Schiedsrichter Janny Sikazwe (l.) mit Tunesiens Trainer Mondher Kebaier

Fußball | Afrika-Cup Schiedsrichter pfeift Tunesien gegen Mali zwei Mal zu früh ab, Protest erfolglos

Stand: 14.01.2022 07:52 Uhr

Der Schiedsrichter beim Afrika-Cup-Spiel zwischen Tunesien und Mali hat zwei Mal zu früh abgepfiffen. Die Teams sollten lange nach dem vermeintlichen Schlusspfiff wieder spielen - doch Tunesien weigerte sich. Ein Protest wurde abgewiesen.

Schiedsrichter Janny Sikazwe aus Sambia pfiff das Spiel in Limbe zur Verwunderung der Anwesenden nach 85:06 Minuten zum ersten Mal ab. Nach kurzen Diskussionen überzeugten ihn die Spieler davon, dass die Zeit noch nicht abgelaufen war, das Spiel lief weiter.

Nach 89:45 Minuten wiederholte Sikazwe seinen Fehler und pfiff erneut ab, bevor die 90 Minuten abgelaufen waren. Die Delegation von Tunesien, das 0:1 gegen Mali zurücklag, protestierte vergeblich. Der Schiedsrichter verließ unter dem Schutz von Sicherheitskräften den Platz.

Pressekonferenz unterbrochen für eine weitere Fortsetzung des Spiels

Der verfrühte Abpfiff verwunderte auch deshalb, weil der Schiedsrichter sowohl einen von Tunesiens Wahbi Khazri verschossenen Strafstoß (77. Minute) als auch eine Rote Karte gegen Malis Mittelfeldspieler El Bilal Touré (87.) noch am Monitor überprüfte. Auch das einzige Tor, das Malis Ibrahima Koné per Handelfmeter erzielt hatte (48.), fiel in der zweiten Hälfte. Gründe für eine Nachspielzeit lagen klar vor.

Alles schien nach dem zweiten Schlusspfiff vorbei: Torwart Ibrahim Bosso Mounkoro erhielt nach dem vermeintlichen 1:0-Sieg seines Teams einen Preis als "Spieler des Spiels", Malis Trainer saß in der Pressekonferenz. Doch die wurde plötzlich unterbrochen, das Spiel sollte erneut wieder aufgenommen werden.

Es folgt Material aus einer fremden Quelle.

-- ===== src/Api/Office/Shop.antt =====
-- Sequences of the requests of api/v1/seed_purchases.py: purchases and their reviews.
use agri_flow.Prelude.{ℕ, ◌≡◌, refl, ◌∙◌, arith, String, Option, List}
use agri_flow.Enums.{PaymentStatus}
use agri_flow.Models.{Db}
use agri_flow.Session.{Action, World}
use agri_flow.Permissions.{Claims}
use agri_flow.Purchase.{purchase_seeds, update_purchase_status}
use agri_flow.Purchase.Admit.{Request}
use agri_flow.Purchase.Stock.{IsHeld, supply}
use agri_flow.Purchase.Hold.{purchase_seeds-IsHeld}
use agri_flow.Purchase.Review.{update_purchase_status-IsHeld}
use agri_flow.Api.{requests}
use agri_flow.Api.Keeps.{Keeps, answered-Keeps, endpoint-Keeps, requests-Keeps}
use agri_flow.Api.Office.{OfficeCall, serve_office}

pub data ShopCall : Type 0 where
  buy : Request → ℕ → ℕ → String → ShopCall
  review : ℕ → PaymentStatus → ShopCall

abbrev pub as_call : ShopCall → OfficeCall
as_call (ShopCall.buy r k l invoice) = OfficeCall.create_purchase_call r k l invoice
as_call (ShopCall.review p new_status) = OfficeCall.update_purchase_status_call p new_status

abbrev pub serve_shop : (String → Option Claims) → ℕ × Option String × ShopCall → Action (Unit {0})
serve_shop decode_token (today, token, c) = serve_office decode_token (today, token, as_call c)

-- the counters hold, and every seed's supply is the one of `d₀`
abbrev SuppliedAs : Db → Db → Type 0
SuppliedAs d₀ d = IsHeld d × ((i : ℕ) → supply i d ≡ supply i d₀)

module _ (decode_token : String → Option Claims) (d₀ : Db) where
  serve_shop-Keeps :
      (c : ℕ × Option String × ShopCall) → Keeps (SuppliedAs d₀) (serve_shop decode_token c)
  unfolding serve_office
  serve_shop-Keeps (today, token, ShopCall.buy r k l invoice) =
      endpoint-Keeps (SuppliedAs d₀) decode_token token _ _ _ λ i user v.
        answered-Keeps (SuppliedAs d₀) (purchase_seeds i r k l invoice) λ s a h before.
          let after = purchase_seeds-IsHeld i r k l invoice s a (ground arith) before.0 h in
          (after.0, λ j. after.1 j ∙ before.1 j)
  serve_shop-Keeps (today, token, ShopCall.review p new_status) =
      endpoint-Keeps (SuppliedAs d₀) decode_token token _ _ _ λ i user v.
        answered-Keeps (SuppliedAs d₀) (update_purchase_status i p new_status) λ s a h before.
          let after = update_purchase_status-IsHeld i p new_status s a before.0 h in
          (after.0, λ j. after.1 j ∙ before.1 j)

-- From committed rows that satisfy `IsHeld`, any sequence of purchases of seeds and of reviews of
-- purchases, each as a request with its checks and its commit or rollback, commits rows that
-- satisfy it: each seed's quantity on hold is that of its pending purchases and its stock is not
-- negative. The sum of what is in stock, on hold and paid for is for every seed what it was before
-- the sequence.
pub shop-IsHeld :
    (decode_token : String → Option Claims) (calls : List (ℕ × Option String × ShopCall))
    (w : World)
    → IsHeld w.committed
    → let after = (requests (serve_shop decode_token) calls w).committed in
      IsHeld after × ((i : ℕ) → supply i after ≡ supply i w.committed)
shop-IsHeld decode_token calls w inv =
    requests-Keeps (SuppliedAs w.committed) (serve_shop decode_token)
      (serve_shop-Keeps decode_token w.committed) calls w (inv, λ i. refl)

Mali und der Schiedsrichter erneut auf dem Platz - aber Tunesien kam nicht

Malis Spieler und der Schiedsrichter kamen zurück auf den Platz. Tunesien spielte allerdings nicht mehr mit, es erfolgte in Abwesenheit der tunesischen Mannschaft der dritte und letzte Schlusspfiff.

"Wir wollten die verbleibenden Minuten nachholen, aber Tunesien wollte nicht weiterspielen", sagte Malis Trainer Mohamed Magassouba. Mondher Kebaier, Trainer von Tunesien, erklärte: "Der Schiedsrichter hat nach 85 Minuten und nach 89 Minuten abgepfiffen, er hat uns die Konzentration genommen. Wir wollten nicht weitermachen, weil die Spieler bereits geduscht hatten, dekonzentriert und demoralisiert angesichts dieses Grauens waren."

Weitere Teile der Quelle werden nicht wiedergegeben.